§ Data provided
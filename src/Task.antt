-- ===== src/Task.antt =====
-- src/task.c: a daemon that starts its work in a child and starts it again until it succeeds.
-- A state is the one of the parent, with the child that runs; the calls of the system and the signals
-- that arrive are the steps. The child itself is any process that ends at some time. Whether `save_pid`
-- could write the file of the pid is an argument; the texts of the log are left out. The handler of a
-- signal runs to its end before another one begins.

pub mod Child
mod Examples
use myclib.Prelude.{
  ℕ, zero, suc, ◌+◌, ◌<◌, ◌≡◌, ◌≢◌, Bool, true, false, Option, none, some, List, [], ◌∷◌,
}

-- How the program ends: by `exit`, whose status is kept in eight bits, or by a return of -1.
pub data End : Type 0 where
  exit : ℕ → End
  return_error : End

-- what `waitpid` reports: an exit with a status, or the end by a signal
pub data Status : Type 0 where
  exited : ℕ → Status
  signaled : ℕ → Status

-- Where the parent is in `task_start`: before `fork`, behind it with the new pid, in `waitpid`, behind it
-- with what it reports, in `sleep`, before `do_exit` or behind it, with the status of `exit`, or ended.
pub data Place : Type 0 where
  forking : Place
  forked : ℕ → Place
  waiting : Place
  reaped : Status → Place
  sleeping : Place
  leaving : ℕ → Place
  left : ℕ → Place
  ended : End → Place

-- `child_pid` is `none` for -1. `child` is the process that runs, and `killed` has those to which
-- SIGTERM was sent. `last_child` is the process whose end `waitpid` has reported last; the program does
-- not keep it.
pub record Task : Type 0 where
  pub place : Place
  pub child_pid : Option ℕ
  pub pid_file : Bool
  pub child : Option ℕ
  pub killed : List ℕ
  pub last_child : Option ℕ

-- Behind `save_pid`, whose result is ignored: `saved` says whether it could write the file.
abbrev pub start : Bool → Task
start saved = record {
  place = forking;
  child_pid = none;
  pid_file = saved;
  child = none;
  killed = [];
  last_child = none;
}

-- `kill(child_pid, SIGTERM)`, if it is a pid
abbrev pub kill_child : Option ℕ → List ℕ → List ℕ
kill_child none killed = killed
kill_child (some pid) killed = pid ∷ killed

unfoldable pub do_exit : Task → Task
do_exit t = record t { pid_file = false; killed = kill_child t.child_pid t.killed }

-- `do_exit` and then `exit`, in `do_signal`
abbrev pub quit : ℕ → Task → Task
quit status t = record (do_exit t) { place = ended (exit status) }

-- What the parent does with the status: it forgets the pid and leaves the loop, or goes on to `sleep`.
unfoldable pub reap : Status → Task → Task
reap (exited zero) t = record t { place = leaving 0; child_pid = none }
reap (exited (suc code)) t = record t { place = sleeping }
reap (signaled signal) t = record t { place = sleeping }

-- One step. A signal is one of those for which `do_signal` is installed and exits.
pub data Step : Task → Task → Type 0 where
  fork_fails : (t : Task) → t.place ≡ forking → Step t (record t { place = ended return_error })
  fork :
      (t : Task) (pid : ℕ)
      → t.place ≡ forking
      → 0 < pid
      → Step t (record t { place = forked pid; child = some pid })
  record_pid :
      (t : Task) (pid : ℕ)
      → t.place ≡ forked pid
      → Step t (record t { place = waiting; child_pid = some pid })
  wait_fails : (t : Task) → t.place ≡ waiting → Step t (record t { place = leaving 255 })
  wait :
      (t : Task) (status : Status)
      → t.place ≡ waiting
      → Step t (record t { place = reaped status; child = none; last_child = t.child })
  go_on : (t : Task) (status : Status) → t.place ≡ reaped status → Step t (reap status t)
  wake : (t : Task) → t.place ≡ sleeping → Step t (record t { place = forking })
  clean_up :
      (t : Task) (status : ℕ)
      → t.place ≡ leaving status
      → Step t (record (do_exit t) { place = left status })
  finish :
      (t : Task) (status : ℕ)
      → t.place ≡ left status
      → Step t (record t { place = ended (exit status) })
  do_signal : (t : Task) → ((e : End) → t.place ≢ ended e) → Step t (quit 0 t)

-- any number of steps from the beginning
pub data Reachable (saved : Bool) : Task → Type 0 where
  begin : Reachable saved (start saved)
  next : {t t' : Task} → Reachable saved t → Step t t' → Reachable saved t'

§ Work request
Everything in the data above should be output exactly as it stands.

§ Solution to this problem
filename src/Task.antt
-- ===== src/Task.antt =====
-- src/task.c: a daemon that starts its work in a child and starts it again until it succeeds.
-- A state is the one of the parent, with the child that runs; the calls of the system and the signals
-- that arrive are the steps. The child itself is any process that ends at some time. Whether `save_pid`
-- could write the file of the pid is an argument; the texts of the log are left out. The handler of a
-- signal runs to its end before another one begins.

pub mod Child
mod Examples
use myclib.Prelude.{
  ℕ, zero, suc, ◌+◌, ◌<◌, ◌≡◌, ◌≢◌, Bool, true, false, Option, none, some, List, [], ◌∷◌,
}

-- How the program ends: by `exit`, whose status is kept in eight bits, or by a return of -1.
pub data End : Type 0 where
  exit : ℕ → End
  return_error : End

-- what `waitpid` reports: an exit with a status, or the end by a signal
pub data Status : Type 0 where
  exited : ℕ → Status
  signaled : ℕ → Status

-- Where the parent is in `task_start`: before `fork`, behind it with the new pid, in `waitpid`, behind it
-- with what it reports, in `sleep`, before `do_exit` or behind it, with the status of `exit`, or ended.
pub data Place : Type 0 where
  forking : Place
  forked : ℕ → Place
  waiting : Place
  reaped : Status → Place
  sleeping : Place
  leaving : ℕ → Place
  left : ℕ → Place
  ended : End → Place

-- `child_pid` is `none` for -1. `child` is the process that runs, and `killed` has those to which
-- SIGTERM was sent. `last_child` is the process whose end `waitpid` has reported last; the program does
-- not keep it.
pub record Task : Type 0 where
  pub place : Place
  pub child_pid : Option ℕ
  pub pid_file : Bool
  pub child : Option ℕ
  pub killed : List ℕ
  pub last_child : Option ℕ

-- Behind `save_pid`, whose result is ignored: `saved` says whether it could write the file.
abbrev pub start : Bool → Task
start saved = record {
  place = forking;
  child_pid = none;
  pid_file = saved;
  child = none;
  killed = [];
  last_child = none;
}

-- `kill(child_pid, SIGTERM)`, if it is a pid
abbrev pub kill_child : Option ℕ → List ℕ → List ℕ
kill_child none killed = killed
kill_child (some pid) killed = pid ∷ killed

unfoldable pub do_exit : Task → Task
do_exit t = record t { pid_file = false; killed = kill_child t.child_pid t.killed }

-- `do_exit` and then `exit`, in `do_signal`
abbrev pub quit : ℕ → Task → Task
quit status t = record (do_exit t) { place = ended (exit status) }

-- What the parent does with the status: it forgets the pid and leaves the loop, or goes on to `sleep`.
unfoldable pub reap : Status → Task → Task
reap (exited zero) t = record t { place = leaving 0; child_pid = none }
reap (exited (suc code)) t = record t { place = sleeping }
reap (signaled signal) t = record t { place = sleeping }

-- One step. A signal is one of those for which `do_signal` is installed and exits.
pub data Step : Task → Task → Type 0 where
  fork_fails : (t : Task) → t.place ≡ forking → Step t (record t { place = ended return_error })
  fork :
      (t : Task) (pid : ℕ)
      → t.place ≡ forking
      → 0 < pid
      → Step t (record t { place = forked pid; child = some pid })
  record_pid :
      (t : Task) (pid : ℕ)
      → t.place ≡ forked pid
      → Step t (record t { place = waiting; child_pid = some pid })
  wait_fails : (t : Task) → t.place ≡ waiting → Step t (record t { place = leaving 255 })
  wait :
      (t : Task) (status : Status)
      → t.place ≡ waiting
      → Step t (record t { place = reaped status; child = none; last_child = t.child })
  go_on : (t : Task) (status : Status) → t.place ≡ reaped status → Step t (reap status t)
  wake : (t : Task) → t.place ≡ sleeping → Step t (record t { place = forking })
  clean_up :
      (t : Task) (status : ℕ)
      → t.place ≡ leaving status
      → Step t (record (do_exit t) { place = left status })
  finish :
      (t : Task) (status : ℕ)
      → t.place ≡ left status
      → Step t (record t { place = ended (exit status) })
  do_signal : (t : Task) → ((e : End) → t.place ≢ ended e) → Step t (quit 0 t)

-- any number of steps from the beginning
pub data Reachable (saved : Bool) : Task → Type 0 where
  begin : Reachable saved (start saved)
  next : {t t' : Task} → Reachable saved t → Step t t' → Reachable saved t'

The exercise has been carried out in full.